Given entries:
*** Begin section ***
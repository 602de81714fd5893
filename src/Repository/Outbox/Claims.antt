-- ===== src/Repository/Outbox/Claims.antt =====
-- What ClaimBatch hands out.
use pay_flow_mock.Prelude.{
  ◌==◌, if◌then◌else◌, take, ℤ, pos_part, is_nonpos, ℕ, zero, suc, ◌≡◌, refl, sym, ap, ◌∙◌, Bool,
  true, false, ◌||◌, List, [], ◌∷◌, map, arith,
}
use pay_flow_mock.Domain.Outbox.{OutboxEvent, outbox_status_eq}
use pay_flow_mock.Errors.{ok}
use pay_flow_mock.Repository.{Db, Env, pg_now}
use pay_flow_mock.Repository.Outbox.{
  is_due, select_due, insert_ordered, order_by_next_retry, claimed, is_among, mark_claimed,
  claim_batch,
}

pub is_among-insert :
    (i : ℕ) (e : OutboxEvent) (events : List OutboxEvent)
    → is_among i (insert_ordered e events) ≡ (e.id == i || is_among i events)
unfolding insert_ordered is_among
is_among-insert i e [] = refl
is_among-insert i e (d ∷ events) = ground (arith, is_among-insert i e events)

pub is_among-order :
    (i : ℕ) (events : List OutboxEvent)
    → is_among i (order_by_next_retry events) ≡ is_among i events
unfolding order_by_next_retry is_among
is_among-order i [] = refl
is_among-order i (e ∷ events) =
    rw (is_among-insert i e (order_by_next_retry events), is_among-order i events)

pub is_among-take :
    (i n : ℕ) (events : List OutboxEvent)
    → is_among i (take n events) ≡ true
    → is_among i events ≡ true
unfolding is_among
is_among-take i zero events h = ground arith
is_among-take i (suc n) [] h = ground arith
is_among-take i (suc n) (e ∷ events) h = ground (arith, is_among-take i n events)

pub is_among-claimed :
    (i now : ℕ) (events : List OutboxEvent)
    → is_among i (map (claimed now) events) ≡ is_among i events
unfolding is_among
is_among-claimed i now [] = refl
is_among-claimed i now (e ∷ events) = rw (is_among-claimed i now events)

-- What is marked as claimed is not due.
pub is_among-remarked :
    (i now : ℕ) (env : Env) (locked : ℕ → Bool) (due events : List OutboxEvent)
    → is_among i (select_due env locked (mark_claimed now due events)) ≡ true
    → is_among i due ≡ false
unfolding is_among select_due mark_claimed is_due outbox_status_eq
is_among-remarked i now env locked due [] h = ground arith
is_among-remarked i now env locked due (e ∷ events) h =
    ground (arith, is_among-remarked i now env locked due events)

-- What a claim that went through has done.
record Claimed (env : Env) (locked : ℕ → Bool) (db : Db) (first : List OutboxEvent) (after : Db)
    : Type 0 where
  size : ℕ
  due : List OutboxEvent
  chosen : due ≡ take size (order_by_next_retry (select_due env locked db.outbox))
  handed : first ≡ map (claimed (pg_now env)) due
  marked : after.outbox ≡ mark_claimed (pg_now env) due db.outbox

claim_batch-ok :
    (env : Env) (locked : ℕ → Bool) (limit : ℤ) (db : Db) {first : List OutboxEvent} {after : Db}
    → claim_batch env locked limit db ≡ (ok first, after)
    → Claimed env locked db first after
unfolding claim_batch
claim_batch-ok env locked limit db h = record {
  size = if is_nonpos limit then 1 else pos_part limit;
  due =
      take (if is_nonpos limit then 1 else pos_part limit)
        (order_by_next_retry (select_due env locked db.outbox));
  chosen = refl;
  handed = ground arith;
  marked = ground arith;
}

-- Two claims, one after the other, hand out no event twice: not in other environments either, with
-- other rows locked and other limits.
pub claim_batch-disjoint :
    (env later : Env) (locked other_locked : ℕ → Bool) (limit other_limit : ℤ) (db : Db)
    {first second : List OutboxEvent} {after end : Db}
    → claim_batch env locked limit db ≡ (ok first, after)
    → claim_batch later other_locked other_limit after ≡ (ok second, end)
    → (i : ℕ) → is_among i second ≡ true
    → is_among i first ≡ false
claim_batch-disjoint env later locked other_locked limit other_limit db {first} {second} {after}
      {end} h h2 i in_second =
    let c = claim_batch-ok env locked limit db h in
    let c' = claim_batch-ok later other_locked other_limit after h2 in
    let in_due : is_among i c'.due ≡ true =
      sym (is_among-claimed i (pg_now later) c'.due)
      ∙ sym (ap (is_among i) c'.handed)
      ∙ in_second in
    let in_order : is_among i (order_by_next_retry (select_due later other_locked after.outbox))
        ≡ true =
      is_among-take i c'.size _ (sym (ap (is_among i) c'.chosen) ∙ in_due) in
    let still_due : is_among i
          (select_due later other_locked (mark_claimed (pg_now env) c.due db.outbox))
        ≡ true =
      sym (ap (λ t. is_among i (select_due later other_locked t)) c.marked)
      ∙ sym (is_among-order i (select_due later other_locked after.outbox))
      ∙ in_order in
    ap (is_among i) c.handed
    ∙ is_among-claimed i (pg_now env) c.due
    ∙ is_among-remarked i (pg_now env) later other_locked c.due db.outbox still_due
*** End section ***
Problem: Read through the entries, then copy every line where the string "size" is found.

Solution for this task:
  size : ℕ
  chosen : due ≡ take size (order_by_next_retry (select_due env locked db.outbox))
  size = if is_nonpos limit then 1 else pos_part limit;
      is_among-take i c'.size _ (sym (ap (is_among i) c'.chosen) ∙ in_due) in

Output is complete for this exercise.